Everything you think you know about the Trinity is wrong. It’s been wrong for a long, long time; centuries, actually. But what I am about to tell you will set you straight once and for all. I will show you mysteries you have not known. And by the time I’m done, you will finally understand why this obscure, abstract, and incomprehensible doctrine could actually make a practical difference in your life.
That’s the tone of far too many books on the doctrine of the Trinity. With surprising consistency spanning from the popular level to the scholarly, authors writing on this doctrine tend to adopt an attitude, and then generate arguments, indicating that the work to be done is a radical work of razing a condemned building, erecting something new (but really old!) in its place, and then outfitting this new Trinity structure with all kinds of previously unimagined, truly useful features.
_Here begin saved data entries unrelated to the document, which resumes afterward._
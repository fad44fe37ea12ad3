-- ===== src/Dungeon/Store.antt =====
-- internal/repository/dungeon.go: MoveDungeon, RetreatDungeon, CompleteDungeonMonster,
-- CompleteDungeon and what they read.
use magic_jigsaw.Prelude.{
  ◌==◌, length, ltb, ℕ, Bool, true, false, not, Option, none, some, List, [], ◌∷◌, ◌++◌, String,
  str_eq, ℤ, pos, int_eq, if◌then◌else◌,
}
use magic_jigsaw.Db.Schema.{Cell, DungeonRow, MonsterRow, ProgressRow}
use magic_jigsaw.Db.Action.{
  branch, monsters_remain, already_defeated, wrong_cell, Env, Action, Ending, commit, rollback,
  not_found, inactive, completed, invalid_move, pure, or_raise, raise_if, on_row, ◌>>=◌, ◌>>◌,
  execute, transaction,
}
use magic_jigsaw.Dungeon.Grid.{cell_eq, manhattan, has_cell}
use magic_jigsaw.Dungeon.Statements.{
  insert_treasure, count_monsters, select_monster_cell, select_dungeon, select_monster_at,
  select_progress, insert_progress, update_progress,
}
use magic_jigsaw.Points.Store.{get_unlock_points}
use magic_jigsaw.Points.Statements.{update_spend_points}

-- The loops over d.Path and over visited, which look for a cell.
unfoldable pub append_cell_dedup : List Cell → Cell → List Cell
append_cell_dedup visited c = if has_cell c visited then visited else visited ++ c ∷ []

-- The loops over defeated, which look for a monster's id as text.
unfoldable pub has_text : String → List String → Bool
has_text t [] = false
has_text t (x ∷ xs) = if str_eq x t then true else has_text t xs

pub record DungeonMoveResult : Type 0 where
  pub position : Cell
  pub energy : ℤ
  pub monster : Option (MonsterRow × String)

-- pgx.ErrNoRows: the progress of a player who has not moved yet.
unfoldable pub fresh_progress : ℕ → ℕ → Cell → ProgressRow
fresh_progress user_id dungeon_id start = record {
  user_id = user_id;
  dungeon_id = dungeon_id;
  position = start;
  prev_row = none;
  prev_col = none;
  defeated = [];
  visited = start ∷ [];
  completed = false;
}

-- UPDATE dungeon_progress SET prev_row = $3, prev_col = $4, pos_row = $5, pos_col = $6, visited = $7
unfoldable pub moved : Cell → Cell → List Cell → ProgressRow → ProgressRow
moved from target visited p = record p {
  prev_row = some from.row;
  prev_col = some from.col;
  position = target;
  visited = visited;
}

-- UPDATE dungeon_progress SET pos_row = $3, pos_col = $4, prev_row = NULL, prev_col = NULL
unfoldable pub retreated : Cell → ProgressRow → ProgressRow
retreated target p = record p { position = target; prev_row = none; prev_col = none }

-- UPDATE dungeon_progress SET defeated = $3
unfoldable pub with_defeated : List String → ProgressRow → ProgressRow
with_defeated defeated p = record p { defeated = defeated }

-- UPDATE dungeon_progress SET completed = true
unfoldable pub with_completed : ProgressRow → ProgressRow
with_completed p = record p { completed = true }

module _ (env : Env) where
  -- The row, with the treasure image's url.
  unfoldable pub get_dungeon_row : ℕ → Action (DungeonRow × String)
  unfolding execute
  get_dungeon_row id = do row ← execute env (select_dungeon id); or_raise row not_found

  unfoldable pub get_monster_at_cell : ℕ → Cell → Action (Option (MonsterRow × String))
  unfolding execute
  get_monster_at_cell dungeon_id cell = execute env (select_monster_at dungeon_id cell)

  -- The saved progress, or a new row at the start cell.
  unfoldable pub load_progress : ℕ → ℕ → Cell → Action ProgressRow
  unfolding execute
  load_progress user_id dungeon_id start = do
    saved ← execute env (select_progress user_id dungeon_id)
    on_row saved
        (do
          _ ← execute env (insert_progress (fresh_progress user_id dungeon_id start))
          pure (fresh_progress user_id dungeon_id start))
        pure

  -- The checks, the payment and the step from the progress `p`: the new balance and the defeated
  -- monsters, or `none` where the player cannot pay.
  unfoldable pub pay_and_step :
      ℕ → ℕ → Cell → ProgressRow → Action (Ending (Option (ℤ × List String)))
  unfolding execute
  pay_and_step user_id dungeon_id target p = do
    raise_if p.completed completed
    raise_if (not (int_eq (manhattan p.position target) (pos 1))) invalid_move
    paid ← execute env (update_spend_points user_id (pos 1))
    on_row paid (pure (rollback none)) λ balance. do
      _ ← execute env (
          update_progress user_id dungeon_id
            (moved p.position target (append_cell_dedup p.visited target)))
      pure (commit (some (balance, p.defeated)))

  -- The transaction of MoveDungeon.
  unfoldable pub move_transaction : ℕ → ℕ → Cell → Cell → Action (Ending (Option (ℤ × List String)))
  move_transaction user_id dungeon_id start target = do
    p ← load_progress user_id dungeon_id start
    pay_and_step user_id dungeon_id target p

  -- MoveDungeon: the result and `ok`.
  unfoldable pub move_dungeon : ℕ → ℕ → Cell → Action (Option DungeonMoveResult)
  move_dungeon user_id dungeon_id target = do
    d ← get_dungeon_row dungeon_id
    raise_if (not d.0.active) inactive
    raise_if (not (has_cell target d.0.path)) invalid_move
    done ← transaction env (move_transaction user_id dungeon_id d.0.start target)
    on_row done (pure none) λ paid. do
      found ← get_monster_at_cell dungeon_id target
      pure (
          some (record {
            position = target;
            energy = paid.0;
            monster = elim found [
              | none ↦ none
              | some m ↦ if has_text (env.uuid_string m.0.id) paid.1 then none else some m
            ];
          }))

abbrev pub both : Option ℤ → Option ℤ → Option Cell
both none c = none
both (some r) none = none
both (some r) (some c) = some (record { row = r; col = c })

-- A nullable UUID column, scanned: NULL becomes uuid.Nil.
abbrev pub uuid_of : Option ℕ → ℕ
uuid_of none = 0
uuid_of (some id) = id

module _ (env : Env) where
  -- Nothing to retreat to: the player stays, and tx.Rollback ends the transaction.
  unfoldable pub stay : ℕ → Cell → Action (Ending (Cell × Option ℤ))
  stay user_id c = do energy ← get_unlock_points env user_id; pure (rollback (c, some energy))

  -- The transaction of RetreatDungeon: the cell, and the energy where nothing is committed and it
  -- is read before the rollback.
  unfoldable pub retreat_transaction : ℕ → ℕ → Cell → Action (Ending (Cell × Option ℤ))
  unfolding execute stay
  retreat_transaction user_id dungeon_id start = do
    saved ← execute env (select_progress user_id dungeon_id)
    on_row saved (stay user_id start) λ p.
        on_row (both p.prev_row p.prev_col) (stay user_id p.position) λ c. do
          _ ← execute env (update_progress user_id dungeon_id (retreated c))
          pure (commit (c, none))

  -- RetreatDungeon: the cell and the energy.
  unfoldable pub retreat_dungeon : ℕ → ℕ → Action (Cell × ℤ)
  retreat_dungeon user_id dungeon_id = do
    d ← get_dungeon_row env dungeon_id
    done ← transaction env (retreat_transaction user_id dungeon_id d.0.start)
    on_row done.1 (do energy ← get_unlock_points env user_id; pure (done.0, energy))
        λ energy. pure (done.0, energy)

  unfoldable pub defeat_transaction : ℕ → ℕ → ℕ → Cell → Action (Ending (List String))
  unfolding execute
  defeat_transaction user_id dungeon_id monster_id cell = do
    saved ← execute env (select_progress user_id dungeon_id)
    p ← or_raise saved wrong_cell
    raise_if (not (cell_eq p.position cell)) wrong_cell
    raise_if (has_text (env.uuid_string monster_id) p.defeated) already_defeated
    let defeated = p.defeated ++ env.uuid_string monster_id ∷ []
    _ ← execute env (update_progress user_id dungeon_id (with_defeated defeated))
    pure (commit defeated)

  -- CompleteDungeonMonster: the defeated monsters.
  unfoldable pub complete_dungeon_monster : ℕ → ℕ → ℕ → Action (List String)
  complete_dungeon_monster user_id dungeon_id monster_id = do
    found ← execute env (select_monster_cell monster_id dungeon_id)
    cell ← or_raise found not_found
    transaction env (defeat_transaction user_id dungeon_id monster_id cell)

  unfoldable pub complete_transaction : ℕ → ℕ → DungeonRow → Action (Ending ℤ)
  unfolding execute
  complete_transaction user_id dungeon_id d = do
    saved ← execute env (select_progress user_id dungeon_id)
    p ← or_raise saved wrong_cell
    raise_if p.completed completed
    raise_if (not (cell_eq p.position d.treasure)) wrong_cell
    monsters ← execute env (count_monsters dungeon_id)
    raise_if (ltb (length p.defeated) monsters) monsters_remain
    _ ← execute env (update_progress user_id dungeon_id with_completed)
    branch (uuid_of d.treasure_image_id == 0) (pure (commit d.xp_reward)) do
      _ ← execute env (insert_treasure user_id dungeon_id (uuid_of d.treasure_image_id))
      pure (commit d.xp_reward)

  -- CompleteDungeon: the XP to award.
  unfoldable pub complete_dungeon : ℕ → ℕ → Action ℤ
  complete_dungeon user_id dungeon_id = do
    d ← get_dungeon_row env dungeon_id
    transaction env (complete_transaction user_id dungeon_id d.0)
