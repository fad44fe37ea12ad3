-- ===== src/Dungeon/Moves/Step.antt =====
-- What MoveDungeon commits, and that nothing else of it lasts.
use magic_jigsaw.Db.Writes.{Changed-update, Changed}
use magic_jigsaw.Prelude.{
  refl, Bool-cases, [], ◌∷◌, ◌++◌, subst, In, true, ◌⊎◌, int_eq-eq, ℕ, ◌≡◌, inl, inr, false, none,
  some, arith, ℤ, pos, String, List, Option-cases,
}
use magic_jigsaw.Db.Table.{select, update}
use magic_jigsaw.Db.Schema.{DungeonRow, Db, Cell, ProgressRow}
use magic_jigsaw.Db.Action.{Env, World, ok, commit}
use magic_jigsaw.Dungeon.Grid.{manhattan, has_cell, has_cell-In, In-has_cell}
use magic_jigsaw.Dungeon.Statements.{
  dungeon_is, insert_progress, progress_is, update_progress, select_progress,
}
use magic_jigsaw.Dungeon.Store.{
  pay_and_step, load_progress, fresh_progress, moved, append_cell_dedup,
}
use magic_jigsaw.Points.Statements.{update_spend_points}

-- A row put at the target, which names the cell before it as the previous one, has the target among the
-- visited cells, and is the same otherwise.
pub record StepsTo (p : ProgressRow) (target : Cell) (q q' : ProgressRow) : Type 0 where
  pub position : q'.position ≡ target
  pub prev_row : q'.prev_row ≡ some p.position.row
  pub prev_col : q'.prev_col ≡ some p.position.col
  pub visited :
      (In target p.visited × (q'.visited ≡ p.visited))
      ⊎ ((¬ In target p.visited) × (q'.visited ≡ p.visited ++ target ∷ []))
  pub rest : q ≡ record q' {
    position = q.position;
    prev_row = q.prev_row;
    prev_col = q.prev_col;
    visited = q.visited;
  }

append_cell_dedup_visits :
    (vs : List Cell) (c : Cell)
    → (In c vs × (append_cell_dedup vs c ≡ vs))
      ⊎ ((¬ In c vs) × (append_cell_dedup vs c ≡ vs ++ c ∷ []))
unfolding append_cell_dedup
append_cell_dedup_visits vs c = elim (Bool-cases (has_cell c vs)) [
  | inl t ↦ inl (has_cell-In c vs t, ground arith)
  | inr f ↦ inr ((λ m. ground (arith, f, In-has_cell c vs m)), ground arith)
]

moved-StepsTo :
    (p : ProgressRow) (target : Cell) (q : ProgressRow)
    → StepsTo p target q (moved p.position target (append_cell_dedup p.visited target) q)
unfolding moved
moved-StepsTo p target q = record {
  position = refl;
  prev_row = refl;
  prev_col = refl;
  visited = append_cell_dedup_visits p.visited target;
  rest = refl;
}

-- The step that the player pays for: from the saved progress `p` in the tables `d` to `d'`.
pub record Pays (user_id dungeon_id : ℕ) (target : Cell) (p : ProgressRow) (d : Db) (balance : ℤ)
    (d' : Db) : Type 0 where
  pub open_dungeon : p.completed ≡ false
  pub adjacent : manhattan p.position target ≡ pos 1
  pub paid : Db
  pub payment : update_spend_points user_id (pos 1) d ≡ some (some balance, paid)
  pub stored : d' ≡ record paid {
    dungeon_progress =
        update
          (progress_is user_id dungeon_id)
          (moved p.position target (append_cell_dedup p.visited target))
          paid.dungeon_progress;
  }
  pub effect :
      Changed
        (progress_is user_id dungeon_id)
        (StepsTo p target)
        paid.dungeon_progress
        d'.dungeon_progress

-- The progress that MoveDungeon goes on from: the saved row, or the row that it inserts at the start.
abbrev pub Loads : ℕ → ℕ → Cell → Db → ProgressRow → Db → Type 0
Loads user_id dungeon_id start d p d' =
    ((select (progress_is user_id dungeon_id) d.dungeon_progress ≡ some p) × (d' ≡ d))
    ⊎ ((select (progress_is user_id dungeon_id) d.dungeon_progress ≡ none)
        × (p ≡ fresh_progress user_id dungeon_id start)
        × (insert_progress p d ≡ some (tt, d')))

-- A committed move of the player, from the tables `d` to `d'`, which leaves `balance` points.
pub record Step (user_id dungeon_id : ℕ) (target : Cell) (d : Db) (balance : ℤ) (d' : Db)
    : Type 0 where
  pub row : DungeonRow
  pub found : select (dungeon_is dungeon_id) d.dungeons ≡ some row
  pub active : row.active ≡ true
  pub on_path : In target row.path
  pub progress : ProgressRow
  pub loaded : Db
  pub loads : Loads user_id dungeon_id row.start d progress loaded
  pub pays : Pays user_id dungeon_id target progress loaded balance d'

module _ (env : Env) (user_id dungeon_id : ℕ) where
  pub load_progress-Loads :
      (start : Cell) (w : World) (p : ProgressRow)
      → (load_progress env user_id dungeon_id start w).0 ≡ ok p
      → Loads user_id dungeon_id start w.db p (load_progress env user_id dungeon_id start w).1.db
  unfolding load_progress select_progress
  load_progress-Loads start w p h =
      elim (Option-cases (select (progress_is user_id dungeon_id) w.db.dungeon_progress)) [
        | inl e ↦
            elim (Option-cases (insert_progress (fresh_progress user_id dungeon_id start) w.db)) [
              | inl n ↦ absurd (ground arith)
              | inr ((t, d), n) ↦ inr (e, ground arith, ground arith)
            ]
        | inr (q, e) ↦ inl (ground arith, ground arith)
      ]

  pub pay_and_step-Pays :
      (target : Cell) (p : ProgressRow) (w : World) (balance : ℤ) (ds : List String)
      → (pay_and_step env user_id dungeon_id target p w).0 ≡ ok (commit (some (balance, ds)))
      → Pays user_id dungeon_id target p w.db balance
          (pay_and_step env user_id dungeon_id target p w).1.db
  unfolding pay_and_step update_progress
  pay_and_step-Pays target p w balance ds h =
      elim (Option-cases (update_spend_points user_id (pos 1) w.db)) [
        | inl n ↦ absurd (ground arith)
        | inr ((some b, d), n) ↦ record {
          open_dungeon = ground arith;
          adjacent = ground (arith, int_eq-eq (manhattan p.position target) (pos 1));
          paid = d;
          payment = ground arith;
          stored = ground arith;
          effect =
              subst (Changed (progress_is user_id dungeon_id) (StepsTo p target) d.dungeon_progress)
                (ground arith)
                (Changed-update (progress_is user_id dungeon_id) (StepsTo p target)
                  (moved p.position target (append_cell_dedup p.visited target)) d.dungeon_progress
                  (moved-StepsTo p target));
        }
        | inr ((none, d), n) ↦ absurd (ground arith)
      ]
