-- ===== src/Dungeon/Moves/Outcome.antt =====
-- Every way in which MoveDungeon can end.
use magic_jigsaw.Prelude.{
  ◌∙◌, sym, if◌then◌else◌, subst, ◌≢◌, String, List, ℕ, ◌≡◌, ◌⊎◌, inl, inr, true, none, some, arith,
  ℤ, Option, Bool-cases, refl,
}
use magic_jigsaw.Db.Schema.{MonsterRow, ProgressRow, Db, Cell, DungeonRow}
use magic_jigsaw.Db.Action.{
  inactive, invalid_move, begun, Action, rollback, Ending, ◌>>=◌, commit, Env, World, Result, Error,
  ok, err, failed, transaction, Result-cases, transaction_outcome,
}
use magic_jigsaw.Dungeon.Grid.{has_cell, has_cell-In}
use magic_jigsaw.Dungeon.Statements.{update_progress, dungeon_is, select_dungeon, select_monster_at}
use magic_jigsaw.Dungeon.Store.{
  has_text, DungeonMoveResult, get_dungeon_row, get_monster_at_cell, move_transaction, move_dungeon,
  load_progress, pay_and_step,
}
use magic_jigsaw.Dungeon.Moves.Step.{Loads, Pays, Step, load_progress-Loads, pay_and_step-Pays}
use magic_jigsaw.Db.Table.{select}

-- An error, or `ok` false.
abbrev pub Refused : Result (Option DungeonMoveResult) → Type 0
Refused r = ((e : Error) × (r ≡ err e)) ⊎ (r ≡ ok none)

-- What is returned once a move is committed: the new cell and balance, or an error of the last
-- statement, which looks for a monster.
abbrev pub Reports : Cell → ℤ → Result (Option DungeonMoveResult) → Type 0
Reports target balance r =
    (r ≡ err failed)
    ⊎ ((m : DungeonMoveResult) × (r ≡ ok (some m)) × (m.position ≡ target) × (m.energy ≡ balance))

module _ (env : Env) where
  pub get_dungeon_row-keeps : (id : ℕ) (w : World) → (get_dungeon_row env id w).1.db ≡ w.db
  unfolding get_dungeon_row select_dungeon
  get_dungeon_row-keeps id w = ground arith

  pub get_dungeon_row-found :
      (id : ℕ) (w : World) (row : DungeonRow) (url : String)
      → (get_dungeon_row env id w).0 ≡ ok (row, url)
      → select (dungeon_is id) w.db.dungeons ≡ some row
  unfolding get_dungeon_row select_dungeon
  get_dungeon_row-found id w row url h = ground arith

  get_monster_at_cell-keeps :
      (id : ℕ) (cell : Cell) (w : World) → (get_monster_at_cell env id cell w).1.db ≡ w.db
  unfolding get_monster_at_cell select_monster_at
  get_monster_at_cell-keeps id cell w = ground arith

  get_monster_at_cell-failed :
      (id : ℕ) (cell : Cell) (w : World) (e : Error)
      → (get_monster_at_cell env id cell w).0 ≡ err e
      → e ≡ failed
  unfolding get_monster_at_cell select_monster_at
  get_monster_at_cell-failed id cell w e h = ground arith

  move_transaction-Pays :
      (user_id dungeon_id : ℕ) (start target : Cell) (w : World) (balance : ℤ) (ds : List String)
      → (move_transaction env user_id dungeon_id start target w).0
        ≡ ok (commit (some (balance, ds)))
      → (p : ProgressRow) × (d : Db) × Loads user_id dungeon_id start w.db p d
        × Pays user_id dungeon_id target p d balance
            (move_transaction env user_id dungeon_id start target w).1.db
  unfolding move_transaction
  move_transaction-Pays user_id dungeon_id start target w balance ds h =
      elim (Result-cases (load_progress env user_id dungeon_id start w).0) [
        | inl (e, n) ↦ absurd (ground arith)
        | inr (p, n) ↦ (
          p,
          (load_progress env user_id dungeon_id start w).1.db,
          load_progress-Loads env user_id dungeon_id start w p n,
          rw (n, ◌>>=◌)
              (pay_and_step-Pays env user_id dungeon_id target p
                (load_progress env user_id dungeon_id start w).1 balance ds (ground arith)),
        )
      ]

-- Without payment the body asks for no commit, and with it for nothing else.
abbrev WellEnded : {A : Type 0} → Result (Ending (Option A)) → Type 0
WellEnded (err e) = Unit
WellEnded (ok (rollback o)) = o ≡ none
WellEnded (ok (commit o)) = o ≢ none

module _ (env : Env) (user_id dungeon_id : ℕ) (target : Cell) where
  pay_and_step-WellEnded :
      (p : ProgressRow) (w : World) → WellEnded (pay_and_step env user_id dungeon_id target p w).0
  unfolding pay_and_step update_progress
  pay_and_step-WellEnded p w = ground arith

  move_transaction-WellEnded :
      (start : Cell) (w : World)
      → WellEnded (move_transaction env user_id dungeon_id start target w).0
  unfolding move_transaction
  move_transaction-WellEnded start w =
      elim (Result-cases (load_progress env user_id dungeon_id start w).0) [
        | inl (e, n) ↦ rw (n, ◌>>=◌) tt
        | inr (p, n) ↦
            rw (n, ◌>>=◌)
              (pay_and_step-WellEnded p (load_progress env user_id dungeon_id start w).1)
      ]

-- The result of a committed move, with the monster that was found, unless it is defeated.
abbrev reported : Env → Cell → ℤ → List String → Option (MonsterRow × String) → DungeonMoveResult
reported env target balance ds found = record {
  position = target;
  energy = balance;
  monster = elim found [
    | none ↦ none
    | some m ↦ if has_text (env.uuid_string m.0.id) ds then none else some m
  ];
}

module _ (env : Env) (user_id dungeon_id : ℕ) (target : Cell) (w : World) where
  -- MoveDungeon changes no table and returns an error or `ok` false, or it commits a move.
  abbrev pub MoveOutcome : Type 0
  MoveOutcome =
      let (r, w') = move_dungeon env user_id dungeon_id target w in
      ((w'.db ≡ w.db) × Refused r)
      ⊎ ((balance : ℤ) × Step user_id dungeon_id target w.db balance w'.db
          × Reports target balance r)

  -- The answers after the dungeon is loaded, is active, and has the target on its path.
  module _ (row : DungeonRow) (url : String)
      (n : (get_dungeon_row env dungeon_id w).0 ≡ ok (row, url)) (act : row.active ≡ true)
      (on : has_cell target row.path ≡ true) where
    abbrev body : Action (Ending (Option (ℤ × List String)))
    body = move_transaction env user_id dungeon_id row.start target

    abbrev loaded : World
    loaded = (get_dungeon_row env dungeon_id w).1

    abbrev after : Result (Option (ℤ × List String)) × World
    after = transaction env body loaded

    abbrev ran : Result (Ending (Option (ℤ × List String))) × World
    ran = body (begun env body loaded)

    unpaid :
        (v : Option (ℤ × List String))
        → ran.0 ≡ ok (rollback v)
        → after.0 ≡ ok v
        → after.1.db ≡ loaded.db
        → MoveOutcome
    unfolding move_dungeon
    unpaid none e r u =
        inl (ground (arith, get_dungeon_row-keeps env dungeon_id w), inr (ground arith))
    unpaid (some v) e r u = absurd (
        cc (
          subst WellEnded e (
            move_transaction-WellEnded env user_id dungeon_id target row.start
              (begun env body loaded))))

    step :
        (balance : ℤ) (ds : List String)
        → ran.0 ≡ ok (commit (some (balance, ds)))
        → Step user_id dungeon_id target w.db balance ran.1.db
    step balance ds e =
        let t =
          move_transaction-Pays env user_id dungeon_id row.start target (begun env body loaded)
            balance ds e in
        record {
          row = row;
          found = get_dungeon_row-found env dungeon_id w row url n;
          active = act;
          on_path = has_cell-In target row.path on;
          progress = t.0;
          loaded = t.1;
          loads =
              subst (λ d. Loads user_id dungeon_id row.start d t.0 t.1)
                (get_dungeon_row-keeps env dungeon_id w) t.2;
          pays = t.3;
        }

    reports :
        (balance : ℤ) (ds : List String)
        → after.0 ≡ ok (some (balance, ds))
        → Reports target balance (move_dungeon env user_id dungeon_id target w).0
    unfolding move_dungeon
    reports balance ds r =
        elim (Result-cases (get_monster_at_cell env dungeon_id target after.1).0) [
          | inl (e, g) ↦
              inl (ground (arith, get_monster_at_cell-failed env dungeon_id target after.1 e))
          | inr (found, g) ↦ inr (reported env target balance ds found, ground arith, refl, refl)
        ]

    keeps :
        (balance : ℤ) (ds : List String)
        → after.0 ≡ ok (some (balance, ds))
        → (move_dungeon env user_id dungeon_id target w).1.db ≡ after.1.db
    unfolding move_dungeon
    keeps balance ds r = ground (arith, get_monster_at_cell-keeps env dungeon_id target after.1)

    paid :
        (v : Option (ℤ × List String))
        → ran.0 ≡ ok (commit v)
        → after.0 ≡ ok v
        → after.1.db ≡ ran.1.db
        → MoveOutcome
    paid none e r u = absurd (
        subst WellEnded e
          (move_transaction-WellEnded env user_id dungeon_id target row.start
            (begun env body loaded))
          refl)
    paid (some (balance, ds)) e r u = inr (
      balance,
      subst (Step user_id dungeon_id target w.db balance) (sym u ∙ sym (keeps balance ds r))
          (step balance ds e),
      reports balance ds r,
    )

    loaded_row : MoveOutcome
    unfolding move_dungeon
    loaded_row = elim (transaction_outcome env body loaded) [
      | inl a ↦ inl (
        ground (arith, a.returned, a.unchanged, get_dungeon_row-keeps env dungeon_id w),
        inl (a.error, ground (arith, a.returned)),
      )
      | inr (inl r) ↦ unpaid r.value r.ended r.returned r.unchanged
      | inr (inr c) ↦ paid c.value c.ended c.returned c.done
    ]

  -- However the statements of MoveDungeon go, it ends in one of two ways. Either it changes no table
  -- and returns an error or `ok` false. Or it commits one step: the dungeon is active, the target
  -- lies on its path next to the player's cell, the dungeon is not completed, one point is paid, the
  -- player's row, made first if there was none, is put at the target, with the cell before it as the
  -- previous one and the target among the visited cells, and is the same otherwise, no other row changes,
  -- and it returns the target and the balance, or an error if only the look for a monster failed.
  pub move_dungeon-MoveOutcome : MoveOutcome
  unfolding move_dungeon
  move_dungeon-MoveOutcome = elim (Result-cases (get_dungeon_row env dungeon_id w).0) [
    | inl (e, n) ↦
        inl (ground (arith, get_dungeon_row-keeps env dungeon_id w), inl (e, ground arith))
    | inr ((row, url), n) ↦ elim (Bool-cases row.active) [
      | inl act ↦ elim (Bool-cases (has_cell target row.path)) [
        | inl on ↦ loaded_row row url n act on
        | inr off ↦ inl (
          ground (arith, get_dungeon_row-keeps env dungeon_id w),
          inl (invalid_move, ground arith),
        )
      ]
      | inr shut ↦
          inl (ground (arith, get_dungeon_row-keeps env dungeon_id w), inl (inactive, ground arith))
    ]
  ]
This pedagogical strategy, it seems to me, is catastrophic. In fact, it may be the main problem with Trinitarianism in the modern period. Whatever problems modern Christians may have when it comes to the doctrine of the Trinity (Have we ignored it? Been unenthusiastic about it? Taught it poorly, infrequently, and by rote? Failed to see its scriptural roots? Left it on a shelf by the door, only to be taken down when Jehovah’s Witnesses come knocking?), this drastic dose of unlearning is the wrong medicine. Whatever symptoms it may be intended to cure, it has long since overtaken those symptoms and has become the main sickness threatening the patient.
I wrote an article about this for Christianity Today. Check it out. And by the way, if you personally need a Trinitarian revival, go get you one. But do be careful about who you’re including in the “we” if you say “we need one.”